--- Given data ---

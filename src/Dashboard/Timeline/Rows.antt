-- ===== src/Dashboard/Timeline/Rows.antt =====
-- The rows of a timeline.
use mathlib.Core.List.{append_assoc, append-nil}
use prospero.Prelude.{
  ℕ, zero, suc, ◌≡◌, refl, sym, ap, ◌∙◌, Bool, false, Option, none, some, List, [], ◌∷◌, ◌++◌,
  String, arith,
}
use prospero.Model.Event.{
  FleetEvent, EventKind, stdout, thinking, agent_spawned, agent_discovered, agent_init,
  status_changed, output, tool_started, tool_finished, agent_finished, agent_gone,
  store_persist_failed, deadline_set, agent_timed_out, repo_health,
}
use prospero.Dashboard.Session.{Entry, event, gap, undecodable}
use prospero.Dashboard.Timeline.{
  running, ToolCall, Segment, Grouping, out, thought, tool, init, status, finished, skipped,
  unreadable, other, modify, say, think, place, place_output, place_thinking, start_tool, complete,
  finish_at, call_of, add_event, add_entry, group_from, group, started, seg_at,
}

module _ {V : Type 0} where
  -- A call as it was when it started.
  abbrev pub reset : ToolCall V → ToolCall V
  reset t = record t {
    outcome = running;
    duration_ms = none;
    result = none;
    result_truncated = false;
  }

  -- The row of a segment, for all but the blocks of text.
  abbrev pub row : Segment V → List (Segment V)
  row (out t) = []
  row (thought t) = []
  row (tool t) = tool (reset t) ∷ []
  row s = s ∷ []

  abbrev pub rows : List (Segment V) → List (Segment V)
  rows [] = []
  rows (s ∷ rest) = row s ++ rows rest

  rows-append :
      (front : List (Segment V)) (s : Segment V) → rows (front ++ (s ∷ [])) ≡ rows front ++ row s
  rows-append [] s = append-nil (row s)
  rows-append (a ∷ rest) s =
      ap (◌++◌ (row a)) (rows-append rest s) ∙ sym (append_assoc (row a) (rows rest) (row s))

  rows-modify :
      (i : ℕ) (f : Segment V → Segment V) (segs : List (Segment V))
      → ((s : Segment V) → row (f s) ≡ row s)
      → rows (modify i f segs) ≡ rows segs
  unfolding modify
  rows-modify i f [] h = refl
  rows-modify zero f (s ∷ rest) h = ap (λ r. r ++ rows rest) (h s)
  rows-modify (suc i) f (s ∷ rest) h = ap (◌++◌ (row s)) (rows-modify i f rest h)

  seg_at-modify :
      (i : ℕ) (f : Segment V → Segment V) (segs : List (Segment V)) (s : Segment V)
      → seg_at i segs ≡ some s
      → seg_at i (modify i f segs) ≡ some (f s)
  unfolding modify seg_at
  seg_at-modify i f [] s h = absurd (ground (arith, h))
  seg_at-modify zero f (x ∷ rest) s h = ground (arith, h)
  seg_at-modify (suc i) f (x ∷ rest) s h = seg_at-modify i f rest s h

module _ {V : Type 0} (duration_ms : String → String → Option ℕ)
    (kind_label : EventKind V → String) where
  -- The row that an entry makes: none for text and for the finish of a call.
  abbrev pub row_of_event : FleetEvent V → EventKind V → List (Segment V)
  row_of_event e (output stream c) = []
  row_of_event e (tool_finished id name ok result truncated) = []
  row_of_event e (agent_init model tools session_id) = init model tools session_id ∷ []
  row_of_event e (tool_started id name input) =
      tool (record {
        seq = e.seq;
        id = id;
        name = name;
        input = input;
        outcome = running;
        duration_ms = none;
        result = none;
        result_truncated = false;
      })
      ∷ []
  row_of_event e (status_changed from to) = status from to ∷ []
  row_of_event e (agent_finished outcome cost_usd turns) = finished outcome cost_usd turns ∷ []
  row_of_event e k = other (kind_label k) ∷ []

  abbrev pub row_of : Entry V → List (Segment V)
  row_of (event e) = row_of_event e e.kind
  row_of (gap n) = skipped n ∷ []
  row_of (undecodable why) = unreadable why ∷ []

  abbrev pub rows_of : List (Entry V) → List (Segment V)
  rows_of [] = []
  rows_of (entry ∷ rest) = row_of entry ++ rows_of rest

  place-rows : (g : Grouping V) (s : Segment V) → rows (place g s).segs ≡ rows g.segs ++ row s
  unfolding place
  place-rows g s = rows-append g.segs s

  row-say : (c : String) (s : Segment V) → row (say c s) ≡ row s
  unfolding say
  row-say c (out t) = refl
  row-say c (init a b d) = refl
  row-say c (thought t) = refl
  row-say c (tool t) = refl
  row-say c (status a b) = refl
  row-say c (finished a b d) = refl
  row-say c (skipped n) = refl
  row-say c (unreadable w) = refl
  row-say c (other l) = refl

  row-think : (c : String) (s : Segment V) → row (think c s) ≡ row s
  unfolding think
  row-think c (thought t) = refl
  row-think c (init a b d) = refl
  row-think c (out t) = refl
  row-think c (tool t) = refl
  row-think c (status a b) = refl
  row-think c (finished a b d) = refl
  row-think c (skipped n) = refl
  row-think c (unreadable w) = refl
  row-think c (other l) = refl

  row-complete :
      (ok : Bool) (took : Option ℕ) (result : Option String) (truncated : Bool) (s : Segment V)
      → row (complete duration_ms kind_label ok took result truncated s) ≡ row s
  unfolding complete
  row-complete ok took result truncated (tool t) = refl
  row-complete ok took result truncated (init a b d) = refl
  row-complete ok took result truncated (out t) = refl
  row-complete ok took result truncated (thought t) = refl
  row-complete ok took result truncated (status a b) = refl
  row-complete ok took result truncated (finished a b d) = refl
  row-complete ok took result truncated (skipped n) = refl
  row-complete ok took result truncated (unreadable w) = refl
  row-complete ok took result truncated (other l) = refl

  output-rows :
      (g : Grouping V) (c : String) (o : Option ℕ)
      → rows (place_output g c o).segs ≡ rows g.segs ++ []
  unfolding place_output
  output-rows g c none = rows-append g.segs (out c)
  output-rows g c (some i) =
      rows-modify i (say c) g.segs (row-say c) ∙ sym (append-nil (rows g.segs))

  thinking-rows :
      (g : Grouping V) (c : String) (o : Option ℕ)
      → rows (place_thinking g c o).segs ≡ rows g.segs ++ []
  unfolding place_thinking
  thinking-rows g c none = rows-append g.segs (thought c)
  thinking-rows g c (some i) =
      rows-modify i (think c) g.segs (row-think c) ∙ sym (append-nil (rows g.segs))

  finish_at-rows :
      (g : Grouping V) (ts : String) (ok : Bool) (result : Option String) (truncated : Bool)
      (o : Option ℕ)
      → rows (finish_at duration_ms kind_label g ts ok result truncated o).segs ≡ rows g.segs ++ []
  unfolding finish_at
  finish_at-rows g ts ok result truncated none = sym (append-nil (rows g.segs))
  finish_at-rows g ts ok result truncated (some i) =
      rows-modify i _ g.segs (row-complete ok _ result truncated) ∙ sym (append-nil (rows g.segs))

  add_event-rows :
      (g : Grouping V) (e : FleetEvent V) (k : EventKind V)
      → rows (add_event duration_ms kind_label g e k).segs ≡ rows g.segs ++ row_of_event e k
  unfolding add_event start_tool started
  add_event-rows g e (output stdout c) = output-rows g c g.open_output
  add_event-rows g e (output thinking c) = thinking-rows g c g.open_thinking
  add_event-rows g e (tool_finished id name ok result truncated) =
      finish_at-rows g e.ts ok result truncated (call_of id g.segs g.open_tools)
  add_event-rows g e (tool_started id name input) = place-rows g (tool (started e id name input))
  add_event-rows g e (agent_init model tools session_id) =
      place-rows g (init model tools session_id)
  add_event-rows g e (status_changed from to) = place-rows g (status from to)
  add_event-rows g e (agent_finished outcome cost_usd turns) =
      place-rows g (finished outcome cost_usd turns)
  add_event-rows g e agent_spawned = place-rows g (other (kind_label agent_spawned))
  add_event-rows g e agent_discovered = place-rows g (other (kind_label agent_discovered))
  add_event-rows g e agent_gone = place-rows g (other (kind_label agent_gone))
  add_event-rows g e (store_persist_failed lost_seq detail) =
      place-rows g (other (kind_label (store_persist_failed lost_seq detail)))
  add_event-rows g e (deadline_set deadline) =
      place-rows g (other (kind_label (deadline_set deadline)))
  add_event-rows g e (agent_timed_out deadline) =
      place-rows g (other (kind_label (agent_timed_out deadline)))
  add_event-rows g e (repo_health health) = place-rows g (other (kind_label (repo_health health)))

  add_entry-rows :
      (g : Grouping V) (entry : Entry V)
      → rows (add_entry duration_ms kind_label g entry).segs ≡ rows g.segs ++ row_of entry
  unfolding add_entry place
  add_entry-rows g (event e) = add_event-rows g e e.kind
  add_entry-rows g (gap n) = rows-append g.segs (skipped n)
  add_entry-rows g (undecodable why) = rows-append g.segs (unreadable why)

  group_from-rows :
      (g : Grouping V) (entries : List (Entry V))
      → rows (group_from duration_ms kind_label g entries).segs ≡ rows g.segs ++ rows_of entries
  unfolding group_from
  group_from-rows g [] = sym (append-nil (rows g.segs))
  group_from-rows g (entry ∷ rest) =
      group_from-rows (add_entry duration_ms kind_label g entry) rest
      ∙ ap (λ r. r ++ rows_of rest) (add_entry-rows g entry)
      ∙ append_assoc (rows g.segs) (row_of entry) (rows_of rest)

  -- Apart from the blocks of text a timeline has one row for each entry that is neither text nor the
  -- finish of a call, in the order of the entries, with what the entry says: a finish adds no row and
  -- changes of a call only how it ended.
  pub group_rows :
      (entries : List (Entry V)) → rows (group duration_ms kind_label entries) ≡ rows_of entries
  unfolding group
  group_rows entries = group_from-rows _ entries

---

» Activity
What you give back should be only the lines of the records above, starting at the line with "row-complete ok took result truncated (finished" and ending at the line with "output-rows g c none", restated word for word.

» Task result
  row-complete ok took result truncated (finished a b d) = refl
  row-complete ok took result truncated (skipped n) = refl
  row-complete ok took result truncated (unreadable w) = refl
  row-complete ok took result truncated (other l) = refl

  output-rows :
      (g : Grouping V) (c : String) (o : Option ℕ)
      → rows (place_output g c o).segs ≡ rows g.segs ++ []
  unfolding place_output
  output-rows g c none = rows-append g.segs (out c)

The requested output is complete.